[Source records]
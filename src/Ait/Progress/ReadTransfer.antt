-- ===== src/Ait/Progress/ReadTransfer.antt =====
-- src/general/ait.cpp, `init_state_trans_table`: the transfers of the reads, one by one.
use vans.Base.{ℕ, ◌≤◌, ◌≡◌, arith, Returns, returns, Returns-bind}
use vans.NextLevel.{NextLevel, Contract}
use vans.Rmw.Progress.{Accepting}
use vans.Ait.Entry.{BufferEntry, RequestType, RequestState}
use vans.Ait.Controller.{Core}
use vans.Ait.Transfer.Read.{
  read_miss_init, read_miss_pending_read_media, read_miss_pending_read_dram, read_hit_init,
  read_hit_pending_read_dram,
}
use vans.Ait.Progress.{Advances, CoreReady, issue_next_level-issued, issue_lmemq-issued}

module _ {N M : Type 0} {next : NextLevel N} {horizon : ℕ} (contract : Contract next horizon) where
  pub read_miss_init-Advances :
      (key : ℕ) (e : BufferEntry) (clk : ℕ) (c : Core N M)
      → e.pending_request.type ≡ RequestType.read_miss
      → e.state ≡ RequestState.init
      → Accepting contract
      → clk ≤ horizon
      → CoreReady contract c
      → Returns (Advances e) (read_miss_init next key e clk c)
  unfolding read_miss_init
  read_miss_init-Advances key e clk c ty st a t v =
      Returns-bind (issue_next_level-issued contract _ _ _ _ c a t v)
        (λ (r, c') h. simp h (returns (ground arith)))

  pub read_miss_pending_read_media-Advances :
      (key : ℕ) (e : BufferEntry) (clk : ℕ) (c : Core N M)
      → e.pending_request.type ≡ RequestType.read_miss
      → e.state ≡ RequestState.pending_read_media
      → Accepting contract
      → clk ≤ horizon
      → CoreReady contract c
      → Returns (Advances e) (read_miss_pending_read_media next key e clk c)
  unfolding read_miss_pending_read_media
  read_miss_pending_read_media-Advances key e clk c ty st a t v =
      Returns-bind (issue_lmemq-issued contract _ e clk c v)
        (λ (r, c') h. simp h (returns (ground arith)))

  pub read_miss_pending_read_dram-Advances :
      (key : ℕ) (e : BufferEntry) (clk : ℕ) (c : Core N M)
      → e.pending_request.type ≡ RequestType.read_miss
      → e.state ≡ RequestState.pending_read_dram
      → Accepting contract
      → clk ≤ horizon
      → CoreReady contract c
      → Returns (Advances e) (read_miss_pending_read_dram next key e clk c)
  unfolding read_miss_pending_read_dram
  read_miss_pending_read_dram-Advances key e clk c ty st a t v = returns (ground arith)

  pub read_hit_init-Advances :
      (key : ℕ) (e : BufferEntry) (clk : ℕ) (c : Core N M)
      → e.pending_request.type ≡ RequestType.read_hit
      → e.state ≡ RequestState.init
      → Accepting contract
      → clk ≤ horizon
      → CoreReady contract c
      → Returns (Advances e) (read_hit_init next key e clk c)
  unfolding read_hit_init
  read_hit_init-Advances key e clk c ty st a t v =
      Returns-bind (issue_lmemq-issued contract _ e clk c v)
        (λ (r, c') h. simp h (returns (ground arith)))

  pub read_hit_pending_read_dram-Advances :
      (key : ℕ) (e : BufferEntry) (clk : ℕ) (c : Core N M)
      → e.pending_request.type ≡ RequestType.read_hit
      → e.state ≡ RequestState.pending_read_dram
      → Accepting contract
      → clk ≤ horizon
      → CoreReady contract c
      → Returns (Advances e) (read_hit_pending_read_dram next key e clk c)
  unfolding read_hit_pending_read_dram
  read_hit_pending_read_dram-Advances key e clk c ty st a t v = returns (ground arith)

Work instruction |
Above are the records; retype them all without a single difference.

Written reply |
filename src/Ait/Progress/ReadTransfer.antt
-- ===== src/Ait/Progress/ReadTransfer.antt =====
-- src/general/ait.cpp, `init_state_trans_table`: the transfers of the reads, one by one.
use vans.Base.{ℕ, ◌≤◌, ◌≡◌, arith, Returns, returns, Returns-bind}
use vans.NextLevel.{NextLevel, Contract}
use vans.Rmw.Progress.{Accepting}
use vans.Ait.Entry.{BufferEntry, RequestType, RequestState}
use vans.Ait.Controller.{Core}
use vans.Ait.Transfer.Read.{
  read_miss_init, read_miss_pending_read_media, read_miss_pending_read_dram, read_hit_init,
  read_hit_pending_read_dram,
}
use vans.Ait.Progress.{Advances, CoreReady, issue_next_level-issued, issue_lmemq-issued}

module _ {N M : Type 0} {next : NextLevel N} {horizon : ℕ} (contract : Contract next horizon) where
  pub read_miss_init-Advances :
      (key : ℕ) (e : BufferEntry) (clk : ℕ) (c : Core N M)
      → e.pending_request.type ≡ RequestType.read_miss
      → e.state ≡ RequestState.init
      → Accepting contract
      → clk ≤ horizon
      → CoreReady contract c
      → Returns (Advances e) (read_miss_init next key e clk c)
  unfolding read_miss_init
  read_miss_init-Advances key e clk c ty st a t v =
      Returns-bind (issue_next_level-issued contract _ _ _ _ c a t v)
        (λ (r, c') h. simp h (returns (ground arith)))

  pub read_miss_pending_read_media-Advances :
      (key : ℕ) (e : BufferEntry) (clk : ℕ) (c : Core N M)
      → e.pending_request.type ≡ RequestType.read_miss
      → e.state ≡ RequestState.pending_read_media
      → Accepting contract
      → clk ≤ horizon
      → CoreReady contract c
      → Returns (Advances e) (read_miss_pending_read_media next key e clk c)
  unfolding read_miss_pending_read_media
  read_miss_pending_read_media-Advances key e clk c ty st a t v =
      Returns-bind (issue_lmemq-issued contract _ e clk c v)
        (λ (r, c') h. simp h (returns (ground arith)))

  pub read_miss_pending_read_dram-Advances :
      (key : ℕ) (e : BufferEntry) (clk : ℕ) (c : Core N M)
      → e.pending_request.type ≡ RequestType.read_miss
      → e.state ≡ RequestState.pending_read_dram
      → Accepting contract
      → clk ≤ horizon
      → CoreReady contract c
      → Returns (Advances e) (read_miss_pending_read_dram next key e clk c)
  unfolding read_miss_pending_read_dram
  read_miss_pending_read_dram-Advances key e clk c ty st a t v = returns (ground arith)

  pub read_hit_init-Advances :
      (key : ℕ) (e : BufferEntry) (clk : ℕ) (c : Core N M)
      → e.pending_request.type ≡ RequestType.read_hit
      → e.state ≡ RequestState.init
      → Accepting contract
      → clk ≤ horizon
      → CoreReady contract c
      → Returns (Advances e) (read_hit_init next key e clk c)
  unfolding read_hit_init
  read_hit_init-Advances key e clk c ty st a t v =
      Returns-bind (issue_lmemq-issued contract _ e clk c v)
        (λ (r, c') h. simp h (returns (ground arith)))

  pub read_hit_pending_read_dram-Advances :
      (key : ℕ) (e : BufferEntry) (clk : ℕ) (c : Core N M)
      → e.pending_request.type ≡ RequestType.read_hit
      → e.state ≡ RequestState.pending_read_dram
      → Accepting contract
      → clk ≤ horizon
      → CoreReady contract c
      → Returns (Advances e) (read_hit_pending_read_dram next key e clk c)
  unfolding read_hit_pending_read_dram
  read_hit_pending_read_dram-Advances key e clk c ty st a t v = returns (ground arith)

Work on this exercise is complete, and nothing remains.